What are the main advantages of connectionist models?
They can learn from experience.
They model human memory and perception effectively.
They provide robust performance, even with incomplete or noisy data.
What are some real-world applications of neural networks?
Speech recognition
Image classification
Medical diagnosis
Cognitive modeling in AI
What is parallel constraint satisfaction?
A process where neural networks adjust activation levels until multiple constraints are simultaneously satisfied.
How does a constraint satisfaction network handle decision-making?
It spreads activation through excitation and inhibition until a stable choice is reached.
What is an example of a constraint satisfaction problem (CSP)?
University scheduling, where courses, professors, and rooms must be arranged without conflicts.
How do internal and external constraints shape decision-making?
Internal constraints – Relationships between goals and actions (e.g., studying helps pass exams).
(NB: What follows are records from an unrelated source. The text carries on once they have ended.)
-- ===== src/Hpack/Decode/Rounds.antt =====
-- One field of internal/hpack, encoded, and decoded with a table that agrees.
use zerodeps_hackk.Base.{
  ℕ, suc, ◌+◌, ◌-◌, ◌%◌, ◌^◌, ◌≤◌, ◌<◌, ◌≡◌, refl, ap, ◌∙◌, sym, subst, Bool, true, false, ltb, leb,
  Bool-cases, inl, inr, List, [], ◌∷◌, ◌++◌, Option, none, some, length, drop_append_length, arith,
}
use zerodeps_hackk.H2.{Field}
use zerodeps_hackk.Hpack.Dynamic.{DynamicTable, add, entry_size}
use zerodeps_hackk.Hpack.Dynamic.Eviction.{total, keep}
use zerodeps_hackk.Hpack.Dynamic.History.{Held, Agrees, added, changed_all-Agrees}
use zerodeps_hackk.Hpack.Integer.{append_int, decode_int, max_int_value}
use zerodeps_hackk.Hpack.Integer.RoundTrip.{Clear, decode_int-append_int}
use zerodeps_hackk.Hpack.Codec.{
  Huffman, lookup_indexed, find_exact, decode_literal, encode_literal, encode_field,
}
use zerodeps_hackk.Hpack.Codec.Strings.{Lossless, Short, Starts, append_int-Starts}
use zerodeps_hackk.Hpack.Codec.Exact.{Plain, plain_field, MayHold, find_exact-Holds}
use zerodeps_hackk.Hpack.Codec.Literals.{decode_literal-encode_literal, encode_literal-Starts}
use zerodeps_hackk.Hpack.Decode.{
  Decoding, next, took_field, indexed_field, literal_field, decode_step, decode_from,
}

-- The largest table whose indices are all within what an integer of a block may be.
abbrev pub max_table : ℕ
max_table = 2 ^ 32 - 61

-- A table that holds what RFC 7541 says, in that size, and no field that must never be indexed.
pub record Ready (dt : DynamicTable) : Type 0 where
  pub spec : Held
  pub agrees : Agrees dt spec
  pub plain : Plain dt.entries
  pub bounded : dt.max ≤ max_table

length-total : (es : List Field) → length es ≤ total es
length-total [] = omega arith
length-total (e ∷ es) = omega (arith, length-total es)

Plain-keep : (room : ℕ) (es : List Field) → Plain es → Plain (keep room es)
Plain-keep room [] h = tt
Plain-keep room (e ∷ es) (p, h) = elim (Bool-cases (ltb room (entry_size e))) [
  | inl large ↦ rw large tt
  | inr small ↦ rw small (p, Plain-keep (room - entry_size e) es h)
]

pub Ready-add : (dt : DynamicTable) (f : Field) → f.sensitive ≡ false → Ready dt → Ready (add dt f)
Ready-add dt f plain ready =
    let agrees = changed_all-Agrees (added f ∷ []) dt ready.spec ready.agrees in
    record {
      spec = record ready.spec { fields = keep ready.spec.max (f ∷ ready.spec.fields) };
      agrees = agrees;
      plain = subst Plain (sym agrees.same_fields) (
          Plain-keep ready.spec.max (f ∷ ready.spec.fields)
            (plain, subst Plain ready.agrees.same_fields ready.plain));
      bounded = omega (arith, ready.bounded, ready.agrees.same_max, agrees.same_max);
    }

Ready-few : (dt : DynamicTable) → Ready dt → 61 + length dt.entries ≤ max_int_value
Ready-few dt ready =
    let agrees = ready.agrees in
    omega (
      arith,
      ready.bounded,
      ap length agrees.same_fields,
      agrees.same_max,
      agrees.size_fits,
      length-total ready.spec.fields,
    )

pub Clear-0x10 : Clear 0x10 4
Clear-0x10 = record {
  low = λ j h. omega (arith, h);
  some_bits = omega arith;
  one_octet = omega arith;
}

pub Clear-0x40 : Clear 0x40 6
Clear-0x40 = record {
  low = λ j h. omega (arith, h);
  some_bits = omega arith;
  one_octet = omega arith;
}

pub Clear-0x80 : Clear 0x80 7
Clear-0x80 = record {
  low = λ j h. omega (arith, h);
  some_bits = omega arith;
  one_octet = omega arith;
}

module _ (huffman : Huffman) where
  -- A round on a block whose first octet is in the range of one representation.
  one_round :
      (low high fuel : ℕ) (dyn : DynamicTable) (src : List ℕ) (fields : List Field) (saw : Bool)
      (e : Decoding)
      → Starts low high src
      → ((b : ℕ)
          → low ≤ b
          → b < high
          → decode_step huffman
              (record { dyn = dyn; src = src; fields = fields; saw_header_field = saw })
              b
            ≡ next e)
      → decode_from huffman
          (suc fuel)
          (record { dyn = dyn; src = src; fields = fields; saw_header_field = saw })
        ≡ decode_from huffman fuel e
  unfolding decode_from Starts
  one_round low high fuel dyn [] fields saw e starts h = absurd starts
  one_round low high fuel dyn (b ∷ src) fields saw e (l, u) h = rw (h b l u, decode_from) refl

  indexed_step :
      (d : Decoding) (b i n : ℕ) (f : Field)
      → 0x80 ≤ b
      → b < 0x100
      → decode_int d.src 7 ≡ some (i, n)
      → lookup_indexed d.dyn i ≡ some f
      → decode_step huffman d b ≡ took_field d d.dyn f n
  unfolding decode_step indexed_field
  indexed_step d b i n f low high e g = rw top (rw (e, indexed_field) (rw g refl))
    where
      top : leb 0x80 (b % 256) ≡ true
      top = ground arith

  added_step :
      (d : Decoding) (b n : ℕ) (f : Field)
      → 0x40 ≤ b
      → b < 0x80
      → decode_literal huffman d.dyn d.src 6 ≡ some (f, n)
      → decode_step huffman d b ≡ took_field d (add d.dyn f) f n
  unfolding decode_step literal_field
  added_step d b n f low high e = rw (top, second) (rw (e, literal_field) refl)
    where
      top : leb 0x80 (b % 256) ≡ false
      top = ground arith

      second : leb 0x40 (b % 256) ≡ true
      second = ground arith

  never_step :
      (d : Decoding) (b n : ℕ) (f : Field)
      → 0x10 ≤ b
      → b < 0x20
      → decode_literal huffman d.dyn d.src 4 ≡ some (f, n)
      → decode_step huffman d b ≡ took_field d d.dyn (record f { sensitive = true }) n
  unfolding decode_step literal_field
  never_step d b n f low high e = rw (top, second, third, fourth) (rw (e, literal_field) refl)
    where
      top : leb 0x80 (b % 256) ≡ false
      top = ground arith

      second : leb 0x40 (b % 256) ≡ false
      second = ground arith

      third : leb 0x20 (b % 256) ≡ false
      third = ground arith

      fourth : leb 0x10 (b % 256) ≡ true
      fourth = ground arith

  -- The table after the field, and the rest of the block, after one round.
  unfoldable pub after : DynamicTable → List ℕ → List Field → Field → Decoding
  after dyn src fields f = record {
    dyn = dyn;
    src = src;
    fields = fields ++ f ∷ [];
    saw_header_field = true;
  }

  -- A round that takes the octets in front.
  read_round :
      (low high fuel : ℕ) (dt dt' : DynamicTable) (octets more : List ℕ) (fields : List Field)
      (saw : Bool) (f : Field)
      → Starts low high (octets ++ more)
      → (let d : Decoding = record {
        dyn = dt;
        src = octets ++ more;
        fields = fields;
        saw_header_field = saw;
      } in
          ((b : ℕ)
            → low ≤ b
            → b < high
            → decode_step huffman d b ≡ took_field d dt' f (length octets))
          → decode_from huffman (suc fuel) d ≡ decode_from huffman fuel (after dt' more fields f))
  unfolding after took_field
  read_round low high fuel dt dt' octets more fields saw f starts step =
      one_round low high fuel dt (octets ++ more) fields saw _ starts step
      ∙ ap (λ src. decode_from huffman fuel (after dt' src fields f))
          (drop_append_length octets more)

  module _ (lossless : Lossless huffman) (fuel : ℕ) (dt : DynamicTable) (ready : Ready dt)
      (more : List ℕ) (fields : List Field) (saw : Bool) where
    secret_read :
        (name value : List ℕ)
        → Short name
        → Short value
        → (let f : Field = record { name = name; value = value; sensitive = true } in
            decode_from huffman (suc fuel) (record {
              dyn = dt;
              src = encode_literal huffman dt f 0x10 4 ++ more;
              fields = fields;
              saw_header_field = saw;
            })
            ≡ decode_from huffman fuel (after dt more fields f))
    secret_read name value short_name short_value =
        let f : Field = record { name = name; value = value; sensitive = true } in
        read_round 0x10 0x20 fuel dt dt (encode_literal huffman dt f 0x10 4) more fields saw f
          (encode_literal-Starts huffman lossless dt f 0x10 4 more Clear-0x10)
          (λ b low high. never_step _ b _ (plain_field name value) low high (
            decode_literal-encode_literal huffman lossless dt f 0x10 4 more Clear-0x10
              (Ready-few dt ready) short_name short_value))

    plain_read :
        (name value : List ℕ) (o : Option ℕ)
        → Short name
        → Short value
        → MayHold dt name value o
        → (let f = plain_field name value in
            let r : List ℕ × DynamicTable = elim o [
              | some i ↦ (append_int 0x80 7 i, dt)
              | none ↦ (encode_literal huffman dt f 0x40 6, add dt f)
            ] in
            decode_from huffman
              (suc fuel)
              (record { dyn = dt; src = r.0 ++ more; fields = fields; saw_header_field = saw })
            ≡ decode_from huffman fuel (after r.1 more fields f))
    plain_read name value none short_name short_value nowhere =
        let f = plain_field name value in
        read_round 0x40 0x80 fuel dt (add dt f) (encode_literal huffman dt f 0x40 6) more fields saw
          f (encode_literal-Starts huffman lossless dt f 0x40 6 more Clear-0x40)
          (λ b low high. added_step _ b _ f low high (
            decode_literal-encode_literal huffman lossless dt f 0x40 6 more Clear-0x40
              (Ready-few dt ready) short_name short_value))
    plain_read name value (some i) short_name short_value there =
        read_round 0x80 0x100 fuel dt dt (append_int 0x80 7 i) more fields saw
          (plain_field name value) (append_int-Starts 0x80 7 i more (omega arith) (omega arith))
          (λ b low high.
            indexed_step _ b i _ (plain_field name value) low high
              (decode_int-append_int 0x80 7 i more Clear-0x80
                (omega (arith, there.bounded, Ready-few dt ready)))
              there.looked_up)

    abbrev pub IsRead : Field → Type 0
    IsRead f =
        (let (octets, next_table) = encode_field huffman dt f in
          decode_from huffman (suc fuel)
            (record { dyn = dt; src = octets ++ more; fields = fields; saw_header_field = saw })
          ≡ decode_from huffman fuel (after next_table more fields f))

    field-IsRead_at :
        (name value : List ℕ) (sensitive : Bool)
        → Short name
        → Short value
        → IsRead (record { name = name; value = value; sensitive = sensitive })
    unfolding encode_field
    field-IsRead_at name value true = secret_read name value
    field-IsRead_at name value false = λ short_name short_value.
        plain_read name value (find_exact dt name value) short_name short_value
          (find_exact-Holds dt name value ready.plain)

    -- A field that the encoder writes is read in one round, and changes the decoder's table as it
    -- does the encoder's.
    pub field-IsRead : (f : Field) → Short f.name → Short f.value → IsRead f
    field-IsRead f = field-IsRead_at f.name f.value f.sensitive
External constraints – Prioritization factors (e.g., passing exams is more important than partying).
What is a goal priority unit in a constraint satisfaction network?
A special unit that amplifies activation for more important goals, influencing final decisions.
How does autoassociation differ from pattern association?
Autoassociation stores a pattern and recalls it when given a partial input, like memory recall.
What is pattern association in neural networks?
A process where the network learns to associate an input pattern with a specific output pattern.
What are the three phases of competitive learning?
Excitation – All output units receive activation.
Competition – Units inhibit each other until only one remains active.
Weight adjustment – The winning unit strengthens its connections to the input.
What are the five types of brain signals detected by BCIs?
Slow Cortical Potentials (SCPs) – Gradual voltage shifts over several seconds.
Sensorimotor Rhythms (SMRs) – Brain waves linked to motor control.
P300 Event-Related Potentials (ERPs) – A brain spike 300ms after a new stimulus.
Steady-State Visual Evoked Potentials (SSVEPs) – Brain response to flashing lights.
Error-Related Negativity (ERNs) – Signals when the brain detects mistakes.
What is the most commonly used BCI signal for communication?
The P300 potential, because it allows users to select items by focusing on them.